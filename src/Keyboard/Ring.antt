-- ===== src/Keyboard/Ring.antt =====
-- The key buffer of ViOS64Bit/src/keyboard/keyboard.c as a queue.
use vi_os.Prelude.{
  ℕ, zero, suc, ◌+◌, ◌-◌, ◌%◌, ◌^◌, ◌≤◌, ◌<◌, ◌≡◌, refl, ap, sym, ◌∙◌, ◌⊎◌, inl, inr, false, List,
  [], ◌∷◌, ◌++◌, some, arith, length, length-append, get_or, ok, ◌==◌, load, Stored, store-Stored,
  load-get_or, add64,
}
use mathlib.Core.Path.{subst}
use vi_os.CString.Length.{NoNul}
use vi_os.Keyboard.{KeyboardBuffer, next_int, push, pop}

-- The buffer holds the characters `q`, the oldest first: they stand from `head` on, round the end of the
-- buffer, and zeros everywhere else.
pub record Queue (keyboard : KeyboardBuffer) (q : List ℕ) : Type 0 where
  pub size : length keyboard.buffer ≡ 1024
  pub ends : keyboard.head + length q ≡ keyboard.tail
  pub fits : length q ≤ 1024
  pub small : keyboard.tail < 2 ^ 31
  pub slots :
      (i : ℕ) → i < 1024 → get_or keyboard.buffer ((keyboard.head + i) % 1024) 0 ≡ get_or q i 0
  pub nonzero : NoNul q

get_or-beyond : (q : List ℕ) (i : ℕ) → length q ≤ i → get_or q i 0 ≡ 0
get_or-beyond [] i le = refl
get_or-beyond (x ∷ q) zero le = absurd (omega arith)
get_or-beyond (x ∷ q) (suc i) le = get_or-beyond q i (omega arith)

get_or-snoc : (q : List ℕ) (c : ℕ) → get_or (q ++ (c ∷ [])) (length q) 0 ≡ c
get_or-snoc [] c = refl
get_or-snoc (x ∷ q) c = get_or-snoc q c

get_or-snoc_other :
    (q : List ℕ) (c i : ℕ)
    → (i < length q) ⊎ (length q < i)
    → get_or (q ++ (c ∷ [])) i 0 ≡ get_or q i 0
get_or-snoc_other [] c zero (inl h) = absurd (omega arith)
get_or-snoc_other [] c zero (inr h) = absurd (omega arith)
get_or-snoc_other [] c (suc i) h = refl
get_or-snoc_other (x ∷ q) c zero h = refl
get_or-snoc_other (x ∷ q) c (suc i) (inl h) = get_or-snoc_other q c i (inl (omega arith))
get_or-snoc_other (x ∷ q) c (suc i) (inr h) = get_or-snoc_other q c i (inr (omega arith))

NoNul-snoc : (q : List ℕ) (c : ℕ) → NoNul q → (c == 0) ≡ false → NoNul (q ++ (c ∷ []))
NoNul-snoc [] c h k = (k, tt)
NoNul-snoc (x ∷ q) c h k = (h.0, NoNul-snoc q c h.1 k)

compare : (i n : ℕ) → (i ≡ n) ⊎ ((i < n) ⊎ (n < i))
compare zero zero = inl refl
compare zero (suc n) = inr (inl (omega arith))
compare (suc i) zero = inr (inr (omega arith))
compare (suc i) (suc n) = elim (compare i n) [
  | inl e ↦ inl (ap suc e)
  | inr (inl h) ↦ inr (inl (omega arith))
  | inr (inr h) ↦ inr (inr (omega arith))
]

-- Two slots of the ring at different distances from the head are different.
apart :
    (h i n : ℕ)
    → i < 1024
    → n < 1024
    → (i < n) ⊎ (n < i)
    → ((h + i) % 1024 < (h + n) % 1024) ⊎ ((h + n) % 1024 < (h + i) % 1024)
apart h i n lt lt' differ = elim (compare ((h + i) % 1024) ((h + n) % 1024)) [
  | inl e ↦ absurd (differs differ e)
  | inr less_or_more ↦ less_or_more
]
  where
    differs : (i < n) ⊎ (n < i) → (h + i) % 1024 ≡ (h + n) % 1024 → ⊥
    differs (inl less) e = omega arith
    differs (inr more) e = omega arith

-- keyboard_push of a character other than NUL, to a buffer with less than 1024 characters, puts it behind
-- the others, if the `int` tail does not overflow.
pub push-Queue :
    (keyboard : KeyboardBuffer) (q : List ℕ) (c : ℕ)
    → Queue keyboard q
    → (c == 0) ≡ false
    → length q < 1024
    → keyboard.tail + 1 < 2 ^ 31
    → (keyboard' : KeyboardBuffer) × (push (some keyboard) c ≡ ok (some keyboard'))
      × Queue keyboard' (q ++ (c ∷ []))
unfolding push next_int Stored
push-Queue keyboard q c queue character room small =
    let (buffer', (e, size, there, others)) =
      store-Stored keyboard.buffer (keyboard.tail % 1024) c (omega (arith, queue.size)) in
    (
      record keyboard { buffer = buffer'; tail = add64 keyboard.tail 1 },
      rw (character, e, no_overflow),
      record {
        size = size ∙ queue.size;
        ends = omega (arith, queue.ends, length-append q (c ∷ []));
        fits = omega (arith, length-append q (c ∷ []));
        small = omega arith;
        slots = slots buffer' there others;
        nonzero = NoNul-snoc q c queue.nonzero character;
      },
    )
  where
    no_overflow : (keyboard.tail == 2 ^ 31 - 1) ≡ false
    no_overflow = ground arith

    slots :
        (buffer' : List ℕ)
        → get_or buffer' (keyboard.tail % 1024) 0 ≡ c
        → ((j : ℕ)
            → (j < keyboard.tail % 1024) ⊎ (keyboard.tail % 1024 < j)
            → get_or buffer' j 0 ≡ get_or keyboard.buffer j 0)
        → (i : ℕ) → i < 1024
        → get_or buffer' ((keyboard.head + i) % 1024) 0 ≡ get_or (q ++ (c ∷ [])) i 0
    slots buffer' there others i lt = elim (compare i (length q)) [
      | inl e ↦
          ap (λ n. get_or buffer' n 0) (omega (arith, queue.ends))
          ∙ there
          ∙ sym (get_or-snoc q c)
          ∙ ap (λ n. get_or (q ++ (c ∷ [])) n 0) (sym e)
      | inr differ ↦
          others ((keyboard.head + i) % 1024) (
            subst
              (λ t.
                ((keyboard.head + i) % 1024 < t % 1024) ⊎ (t % 1024 < (keyboard.head + i) % 1024))
              queue.ends (apart keyboard.head i (length q) lt room differ))
          ∙ queue.slots i lt
          ∙ sym (get_or-snoc_other q c i differ)
    ]

-- The queue whose oldest character is popped, and the answer.
abbrev pub popped : List ℕ → ℕ × List ℕ
popped [] = (0, [])
popped (c ∷ q) = (c, q)

slot_of_head :
    (keyboard : KeyboardBuffer) (q : List ℕ)
    → Queue keyboard q
    → load keyboard.buffer (keyboard.head % 1024) ≡ ok (get_or q 0 0)
slot_of_head keyboard q queue =
    load-get_or keyboard.buffer (keyboard.head % 1024) (omega (arith, queue.size))
    ∙ ap (λ n. ok (get_or keyboard.buffer n 0)) (omega arith)
    ∙ ap ok (queue.slots 0 (omega arith))

-- keyboard_pop returns the oldest character and removes it from the queue, and returns 0 and leaves an
-- empty queue as it is.
pub pop-Queue :
    (keyboard : KeyboardBuffer) (q : List ℕ)
    → Queue keyboard q
    → (keyboard' : KeyboardBuffer) × (pop (some keyboard) ≡ ok ((popped q).0, some keyboard'))
      × Queue keyboard' ((popped q).1)
unfolding pop next_int Stored
pop-Queue keyboard [] queue = (keyboard, rw (slot_of_head keyboard [] queue), queue)
pop-Queue keyboard (c ∷ q) queue =
    let (buffer', (e, size, there, others)) =
      store-Stored keyboard.buffer (keyboard.head % 1024) 0 (omega (arith, queue.size)) in
    (
      record keyboard { buffer = buffer'; head = add64 keyboard.head 1 },
      rw (slot_of_head keyboard (c ∷ q) queue, queue.nonzero.0, e, no_overflow),
      record {
        size = size ∙ queue.size;
        ends = omega (arith, queue.ends, queue.small);
        fits = omega (arith, queue.fits);
        small = queue.small;
        slots = λ i lt.
            ap (λ n. get_or buffer' n 0)
              (shift i (add64 keyboard.head 1) (omega (arith, queue.ends, queue.small)))
            ∙ slots buffer' there others i lt (compare (suc i) 1024);
        nonzero = queue.nonzero.1;
      },
    )
  where
    no_overflow : (keyboard.head == 2 ^ 31 - 1) ≡ false
    no_overflow = ground (arith, queue.ends, queue.small)

    shift : (i h : ℕ) → h ≡ keyboard.head + 1 → (h + i) % 1024 ≡ (keyboard.head + suc i) % 1024
    shift i h e = omega arith

    slots :
        (buffer' : List ℕ)
        → get_or buffer' (keyboard.head % 1024) 0 ≡ 0
        → ((j : ℕ)
            → (j < keyboard.head % 1024) ⊎ (keyboard.head % 1024 < j)
            → get_or buffer' j 0 ≡ get_or keyboard.buffer j 0)
        → (i : ℕ) → i < 1024
        → (suc i ≡ 1024) ⊎ ((suc i < 1024) ⊎ (1024 < suc i))
        → get_or buffer' ((keyboard.head + suc i) % 1024) 0 ≡ get_or q i 0
    slots buffer' there others i lt (inl e) =
        ap (λ n. get_or buffer' n 0) (omega arith)
        ∙ there
        ∙ sym (get_or-beyond q i (omega (arith, queue.fits)))
    slots buffer' there others i lt (inr (inl more)) =
        others ((keyboard.head + suc i) % 1024) (
          subst (λ t. ((keyboard.head + suc i) % 1024 < t) ⊎ (t < (keyboard.head + suc i) % 1024))
            (omega arith) (apart keyboard.head (suc i) 0 more (omega arith) (inr (omega arith))))
        ∙ queue.slots (suc i) more
    slots buffer' there others i lt (inr (inr over)) = absurd (omega arith)

-- keyboard_push to a buffer with 1024 characters writes over the oldest one: the next keyboard_pop returns
-- the new character, before the older ones.
pub push-full :
    (keyboard : KeyboardBuffer) (q : List ℕ) (c : ℕ)
    → Queue keyboard q
    → (c == 0) ≡ false
    → length q ≡ 1024
    → keyboard.tail + 1 < 2 ^ 31
    → (keyboard' keyboard'' : KeyboardBuffer) × (push (some keyboard) c ≡ ok (some keyboard'))
      × (pop (some keyboard') ≡ ok (c, some keyboard''))
unfolding push pop next_int Stored
push-full keyboard q c queue character full small =
    let (buffer', (e, size, there, others)) =
      store-Stored keyboard.buffer (keyboard.tail % 1024) c (omega (arith, queue.size)) in
    let (buffer'', (e', size', there', others')) =
      store-Stored buffer' (keyboard.head % 1024) 0 (omega (arith, size, queue.size)) in
    (
      record keyboard { buffer = buffer'; tail = add64 keyboard.tail 1 },
      record keyboard {
        buffer = buffer'';
        tail = add64 keyboard.tail 1;
        head = add64 keyboard.head 1;
      },
      rw (character, e, no_overflow),
      rw (
        load-get_or buffer' (keyboard.head % 1024) (omega (arith, size, queue.size)),
        ap (λ n. get_or buffer' n 0) same ∙ there,
        character,
        e',
        no_overflow',
      ),
    )
  where
    no_overflow : (keyboard.tail == 2 ^ 31 - 1) ≡ false
    no_overflow = ground arith

    no_overflow' : (keyboard.head == 2 ^ 31 - 1) ≡ false
    no_overflow' = ground (arith, queue.ends)

    same : keyboard.head % 1024 ≡ keyboard.tail % 1024
    same = omega (arith, queue.ends)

About this task
Copy back the listing above exactly, but only from the line with "small = queue.small;" through the line with "nonzero = queue.nonzero.1;", both ends included.

The answer
        small = queue.small;
        slots = λ i lt.
            ap (λ n. get_or buffer' n 0)
              (shift i (add64 keyboard.head 1) (omega (arith, queue.ends, queue.small)))
            ∙ slots buffer' there others i lt (compare (suc i) 1024);
        nonzero = queue.nonzero.1;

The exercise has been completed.